Assemblée de l'OTAN : La présence de forces au Kosovo peut encore être renforcée à la lumière des événements

De nombreux risques sont mis en garde au Kosovo et en Bosnie-Herzégovine s'il n'y a pas d'engagement supplémentaire de l'Union européenne et de l'OTAN, a déclaré un rapport de l'Assemblée parlementaire de l'OTAN. L'absence de normalisation des relations entre le Kosovo et la Serbie est citée comme la question la plus difficile pour la région des Balkans occidentaux. Pour cela, l'OTAN a été appelée et [...]
De nombreux risques sont mis en garde au Kosovo et en Bosnie-Herzégovine s'il n'y a pas d'engagement supplémentaire de l'Union européenne et de l'OTAN, a déclaré un rapport de l'Assemblée parlementaire de l'OTAN. L'absence de normalisation des relations entre le Kosovo et la Serbie est citée comme la question la plus difficile pour la région des Balkans occidentaux.
Pour cela, l'OTAN et l'UE ont été invitées à exercer une pression sur le Kosovo, la Serbie pour la mise en œuvre de l'accord de base et de l'accord d'annexe d'Ohrid
Les incidents dans le nord du Kosovo sont des sonneries d'alarme pour la communauté internationale en ce qui concerne la gravité des défis persistants dans les Balkans occidentaux, comme l'a constaté le rapport de fin d'année de l'Assemblée parlementaire de l'OTAN.
L'auteur de ce document, le seigneur de Grande-Bretagne, Mark Lancaster, met en lumière les causes et les moteurs actuels des principaux défis en matière de sécurité.
Le Kosovo et la Bosnie-Herzégovine sont considérés comme des pays à fort potentiel de violence en raison de problèmes interethniques et de rapports avec la Serbie.
“Viti 2023 a témoigné du retour considérable d'affrontements violents dans le nord du Kosovo. Les incidents ont sonné comme un appel d'alarme à la communauté internationale pour la gravité des défis persistants dans les Balkans occidentaux.

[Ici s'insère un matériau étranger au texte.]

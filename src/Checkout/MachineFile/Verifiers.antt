-- ===== src/Checkout/MachineFile/Verifiers.antt =====
-- What the verifier of a scheme can raise over a machine file.
use mathlib.Core.Path.{subst}
use tamga_python.Prelude.{◌≡◌, Bool, Option, some}
use tamga_python.Python.Str.{Bytes}
use tamga_python.Python.Exc.{Result, Raises, Raises-bind}
use tamga_python.Crypto.{
  Cryptography, load_rsa_public_key, load_ec_public_key, verify_pkcs1v15, verify_pss, verify_p256,
}
use tamga_python.Models.Machine.{
  LicenseScheme, ed25519_sign, rsa_2048_pkcs1_sign, rsa_2048_pkcs1_pss_sign, ecdsa_p256_sign,
  rsa_2048_jwt_rs256,
}
use tamga_python.Checkout.MachineFile.{verifier_of}
use tamga_python.Crypto.Errors.{
  LoadsKeys, IsCheckError, as_verdict-Raises, as_result-Raises, load_rsa-Raises, load_ec-Raises,
  ed25519_verify-Raises,
}
use tamga_python.Python.Exc.{IsUnsupported}

abbrev pub Verifier : Type 0
Verifier = Bytes → Bytes → Bytes → Result Bool

some-eq : {v w : Verifier} → ◌≡◌ {A = Option Verifier} (some v) (some w) → v ≡ w
some-eq h = cc h

module _ (c : Cryptography) (loads : LoadsKeys c) where
  pub verifier-Raises :
      (scheme : LicenseScheme) (verifier : Bytes → Bytes → Bytes → Result Bool)
      → verifier_of c scheme ≡ some verifier
      → (public_key message signature : Bytes)
      → Raises IsUnsupported (verifier public_key message signature)
  verifier-Raises ed25519_sign verifier e pk m s =
      subst (λ v. Raises IsUnsupported (v pk m s)) (some-eq e)
        (ed25519_verify-Raises c loads pk m s)
  verifier-Raises rsa_2048_pkcs1_sign verifier e pk m s =
      subst (λ v. Raises IsUnsupported (v pk m s)) (some-eq e)
        (unfold verify_pkcs1v15 in
          as_verdict-Raises _ (
            Raises-bind IsCheckError (load_rsa_public_key c pk) _ (load_rsa-Raises c loads pk)
              λ key _. as_result-Raises _))
  verifier-Raises rsa_2048_pkcs1_pss_sign verifier e pk m s =
      subst (λ v. Raises IsUnsupported (v pk m s)) (some-eq e)
        (unfold verify_pss in
          as_verdict-Raises _ (
            Raises-bind IsCheckError (load_rsa_public_key c pk) _ (load_rsa-Raises c loads pk)
              λ key _. as_result-Raises _))
  verifier-Raises ecdsa_p256_sign verifier e pk m s =
      subst (λ v. Raises IsUnsupported (v pk m s)) (some-eq e)
        (unfold verify_p256 in
          as_verdict-Raises _ (
            Raises-bind IsCheckError (load_ec_public_key c pk) _ (load_ec-Raises c loads pk)
              λ key _. as_result-Raises _))
  verifier-Raises rsa_2048_jwt_rs256 verifier e pk m s = absurd (cc e)
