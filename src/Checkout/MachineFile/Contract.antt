-- ===== src/Checkout/MachineFile/Contract.antt =====
-- The errors that verification of a machine file can raise.
use tamga_python.Prelude.{
  ◌≡◌, refl, ◌⊎◌, inl, inr, not, ◌&&◌, Option, none, some, arith, ltb, length, ◌==◌, Bool-cases,
  any,
}
use tamga_python.Python.Int.{ℤ}
use tamga_python.Python.Str.{Str, Bytes, codes, str_eq, is_ascii, partition, rpartition, has_char}
use tamga_python.Python.Json.{Json, null, get, as_dict, index_by}
use tamga_python.Python.Exc.{
  Exc, Result, ok, err, guard, Raises, Raises-bind, Raises-guard, value_error, unicode_error,
  invalid_signature, unsupported_algorithm, scheme_not_supported, or_value_error,
}
use tamga_python.Crypto.{derive_machine_file_key}
use tamga_python.Models.Machine.{
  LicenseScheme, ed25519_sign, rsa_2048_pkcs1_sign, rsa_2048_pkcs1_pss_sign, ecdsa_p256_sign,
  rsa_2048_jwt_rs256,
}
use tamga_python.Checkout.Runtime.{Runtime, LoadsJson}
use tamga_python.Checkout.Envelope.{json_value, b64decode_strict}
use tamga_python.Checkout.Claims.{machine_file, parse_claims, enforce_expiry}
use tamga_python.Checkout.Documented.{
  IsDocumented, IsVerifyError, Documented, or_value_error-Documented, b64decode_strict-Documented,
  json_value-Documented, json_loads-Documented, parse_claims-Documented, enforce_expiry-Documented,
  derive_machine_file_key-Documented, aes_gcm_decrypt-Documented,
}
use tamga_python.Checkout.LicenseFile.{encode_ascii, missing_data}
use tamga_python.Checkout.LicenseFile.Contract.{missing_data-Documented, readable-lem}
use tamga_python.Checkout.MachineFile.{
  MachineFile, enc_prefix_encrypted, alg_v2_marker, valid_algorithms, validate_alg, open_payload,
  decrypt, decode_payload, attributes_of, interpret, verify_as, verify_with_claims, unverified_kid,
}
use tamga_python.Crypto.Errors.{LoadsKeys}
use tamga_python.Python.Exc.{IsUnsupported}
use tamga_python.Checkout.MachineFile.Verifiers.{Verifier, verifier-Raises}

validate_alg-Documented : (alg : Str) → Documented (validate_alg alg)
unfolding validate_alg
validate_alg-Documented alg =
    let first = partition b'+' alg in
    let last = rpartition b'+' first.after in
    let marked = first.found && last.found && str_eq last.after alg_v2_marker in
    let valid = any (str_eq alg) valid_algorithms in
    Raises-bind IsDocumented (guard marked value_error) _
      (Raises-guard IsDocumented marked value_error refl)
      λ u _.
        Raises-bind IsDocumented (guard valid value_error) _
          (Raises-guard IsDocumented valid value_error refl) λ v _. tt

attributes_of-Documented : (o : Option Json) → Documented (attributes_of o)
unfolding attributes_of
attributes_of-Documented none = tt
attributes_of-Documented (some null) = tt
attributes_of-Documented (some v) = ground (arith, or_value_error-Documented (as_dict v))

open_payload-Documented :
    (rt : Runtime) (enc license_key fingerprint : Str)
    → Documented (open_payload rt enc license_key fingerprint)
unfolding open_payload
open_payload-Documented rt enc license_key fingerprint =
    let parts = partition b'.' enc in
    let one_dot = parts.found && not (has_char b'.' parts.after) in
    Raises-bind IsDocumented (guard one_dot value_error) _
      (Raises-guard IsDocumented one_dot value_error refl)
      λ u _.
        Raises-bind IsDocumented (b64decode_strict parts.before) _ (b64decode_strict-Documented _)
          λ nonce _.
            Raises-bind IsDocumented (b64decode_strict parts.after) _
              (b64decode_strict-Documented _)
              λ text _.
                Raises-bind IsDocumented (guard (length nonce == 12) value_error) _
                  (Raises-guard IsDocumented (length nonce == 12) value_error refl)
                  λ v _.
                    Raises-bind IsDocumented (guard (not (ltb (length text) 16)) value_error) _
                      (Raises-guard IsDocumented (not (ltb (length text) 16)) value_error refl)
                      λ w _.
                        Raises-bind IsDocumented
                          (derive_machine_file_key rt.cryptography license_key fingerprint) _
                          (derive_machine_file_key-Documented rt.cryptography license_key
                            fingerprint)
                          λ key _. aes_gcm_decrypt-Documented rt.cryptography key nonce text

decrypt-Documented :
    (rt : Runtime) (enc : Str) (license_key fingerprint : Option Str)
    → Documented (decrypt rt enc license_key fingerprint)
unfolding decrypt
decrypt-Documented rt enc (some k) (some f) = open_payload-Documented rt enc k f
decrypt-Documented rt enc none f = refl
decrypt-Documented rt enc (some k) none = refl

-- What verification of a machine file raises: a refused scheme and an unsupported key besides.
abbrev pub IsMachineError : Exc → Type 0
IsMachineError e = (e ≡ scheme_not_supported) ⊎ (e ≡ unsupported_algorithm) ⊎ IsVerifyError e

machine_error {ℓ} : {A : Type ℓ} (r : Result A) → Documented r → Raises IsMachineError r
machine_error (ok a) h = tt
machine_error (err e) h = inr (inr (inr h))

unsupported {ℓ} : {A : Type ℓ} (r : Result A) → Raises IsUnsupported r → Raises IsMachineError r
unsupported (ok a) h = tt
unsupported (err e) h = inr (inl h)

module _ (rt : Runtime) (json : LoadsJson rt) (file : MachineFile)
    (license_key fingerprint : Option Str) where
  decode_payload-Documented :
      (prefix : Str) → Documented (decode_payload rt file prefix license_key fingerprint)
  unfolding decode_payload
  decode_payload-Documented prefix = elim (Bool-cases (str_eq prefix enc_prefix_encrypted)) [
    | inl e ↦ rw e (decrypt-Documented rt file.enc license_key fingerprint)
    | inr e ↦ rw e (b64decode_strict-Documented file.enc)
  ]

  interpret-Documented :
      (plaintext : Bytes) (now : Option ℤ) → Documented (interpret rt plaintext now)
  unfolding interpret
  interpret-Documented plaintext now =
      Raises-bind IsDocumented (json_value (rt.json_loads plaintext)) _
        (json_value-Documented rt json plaintext)
        λ parsed _.
          Raises-bind IsDocumented (missing_data (index_by parsed (codes "data"))) _
            (missing_data-Documented parsed _)
            λ data_member _.
              Raises-bind IsDocumented (or_value_error (as_dict data_member)) _
                (or_value_error-Documented _)
                λ fields _.
                  Raises-bind IsDocumented (parse_claims rt.repr parsed) _
                    (parse_claims-Documented rt.repr parsed)
                    λ claims _.
                      Raises-bind IsDocumented (enforce_expiry machine_file claims now rt.clock) _
                        (enforce_expiry-Documented machine_file claims now rt.clock)
                        λ u _.
                          Raises-bind IsDocumented (or_value_error (get fields (codes "id"))) _
                            (or_value_error-Documented _)
                            λ id _.
                              Raises-bind IsDocumented
                                (attributes_of (get fields (codes "attributes"))) _
                                (attributes_of-Documented _) λ attributes _. tt

  verify_as-Raises :
      (verifier : Verifier) (suffix : Str) (public_key : Bytes) (now : Option ℤ)
      → ((pk m s : Bytes) → Raises IsUnsupported (verifier pk m s))
      → Raises IsMachineError
          (verify_as rt file verifier suffix public_key license_key fingerprint now)
  unfolding verify_as encode_ascii
  verify_as-Raises verifier suffix public_key now raises =
      Raises-bind IsMachineError (validate_alg file.alg) _
        (machine_error _ (validate_alg-Documented file.alg))
        λ (prefix, found) _.
          Raises-bind IsMachineError (guard (str_eq found suffix) value_error) _
            (Raises-guard IsMachineError (str_eq found suffix) value_error (inr (inr (inr refl))))
            λ u _.
              Raises-bind IsMachineError (encode_ascii file.enc) _
                (Raises-bind IsMachineError (guard (is_ascii file.enc) unicode_error) _
                  (Raises-guard IsMachineError (is_ascii file.enc) unicode_error
                    (inr (inr (inr refl))))
                  λ u _. tt)
                λ message _.
                  Raises-bind IsMachineError (verifier public_key message file.sig) _
                    (unsupported _ (raises public_key message file.sig))
                    λ verified _.
                      Raises-bind IsMachineError (guard verified invalid_signature) _
                        (Raises-guard IsMachineError verified invalid_signature
                          (inr (inr (inl refl))))
                        λ v _.
                          Raises-bind IsMachineError
                            (decode_payload rt file prefix license_key fingerprint) _
                            (machine_error _ (decode_payload-Documented prefix))
                            λ plaintext _. machine_error _ (interpret-Documented plaintext now)

  module _ (loads : LoadsKeys rt.cryptography) (public_key : Bytes) (now : Option ℤ) where
    -- Where `json.loads` and the key loaders raise only their documented errors, verification of
    -- any machine file under any scheme returns or raises SchemeNotSupportedError,
    -- UnsupportedAlgorithm, a ValueError, InvalidSignature or InvalidTag.
    pub verify_machine-Documented :
        (scheme : LicenseScheme)
        → Raises IsMachineError
            (verify_with_claims rt file public_key scheme license_key fingerprint now)
    unfolding verify_with_claims
    verify_machine-Documented ed25519_sign =
        verify_as-Raises _ _ public_key now
          (verifier-Raises rt.cryptography loads ed25519_sign _ refl)
    verify_machine-Documented rsa_2048_pkcs1_sign =
        verify_as-Raises _ _ public_key now
          (verifier-Raises rt.cryptography loads rsa_2048_pkcs1_sign _ refl)
    verify_machine-Documented rsa_2048_pkcs1_pss_sign =
        verify_as-Raises _ _ public_key now
          (verifier-Raises rt.cryptography loads rsa_2048_pkcs1_pss_sign _ refl)
    verify_machine-Documented ecdsa_p256_sign =
        verify_as-Raises _ _ public_key now
          (verifier-Raises rt.cryptography loads ecdsa_p256_sign _ refl)
    verify_machine-Documented rsa_2048_jwt_rs256 = inl refl

  -- Where `json.loads` raises only its documented errors, reading the key id that an unverified
  -- machine file claims returns a key id or None, whatever its algorithm and payload.
  machine_unverified_kid-total :
      (kid : Option Str) × (unverified_kid rt file license_key fingerprint tt ≡ ok kid)
  unfolding unverified_kid
  machine_unverified_kid-total = readable-lem _ (
      Raises-bind IsDocumented (validate_alg file.alg) _ (validate_alg-Documented file.alg)
        λ (prefix, found) _.
          Raises-bind IsDocumented (decode_payload rt file prefix license_key fingerprint) _
            (decode_payload-Documented prefix)
            λ plaintext _.
              Raises-bind IsDocumented (rt.json_loads plaintext) _
                (json_loads-Documented rt json plaintext)
                λ parsed _. parse_claims-Documented rt.repr parsed)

Dans la région où presque tous les États et territoires recherchent un avenir euro-atlantique, les questions non résolues au Kosovo et en Bosnie-Herzégovine doivent relancer l'attention importante des alliés : les Alliés doivent s'accorder avec le potentiel de déstabilisation plus large qui présente ces défis”, écrit dans le rapport intitulé “Balkans occidentaux : Défis de sécurité généraux au seuil de l'OTAN”, rapporte la KOHA.
L'absence de mesures visant à normaliser les relations entre Belgrade et Pristina est considérée comme la question la plus difficile et la plus instable de la région.
“Il a de nombreux impacts immédiats significatifs: il empêche les deux pays de faire avancer leurs processus d'adhésion à l'UE, est un facteur important de l'instabilité régionale, un obstacle à une coopération économique régionale plus étroite et plus efficace, et un facteur de vide de pouvoir qui permet aux réseaux criminels d'exploiter la région comme routes, l'arène et la zone de trafic d'armes, de drogue et de personnes”, selon le rapport.
Selon le document, le Kosovo-Serbie est au cœur de deux questions essentielles : la non-reconnaissance du Kosovo par la Serbie, ainsi que l'approche du gouvernement du Kosovo vis-à-vis des municipalités du nord peuplées de Serbes.
En ce qui concerne les risques, il est également recommandé que l'OTAN envisage d'ajouter des troupes au Kosovo et en Bosnie-Herzégovine.
La présence des forces de l'OTAN au Kosovo peut encore être renforcée compte tenu du développement des événements sur le terrain et dans la région: les Alliés et l'UE peuvent travailler ensemble pour garantir des forces plus adaptées à leurs objectifs au Kosovo et en Bosnie-Herzégovine. L'attention des alliés au Kosovo ne peut être ignorée. La priorité a potentiellement plus de forces, bien positionnées. L'opération de la KFOR a un rôle important à jouer, qui va au-delà de la lutte contre la violence, car elle sert également de canal de contacts positifs et de renforcement de la confiance avec toutes les communautés du Kosovo et de la Serbie”, écrit dans le rapport.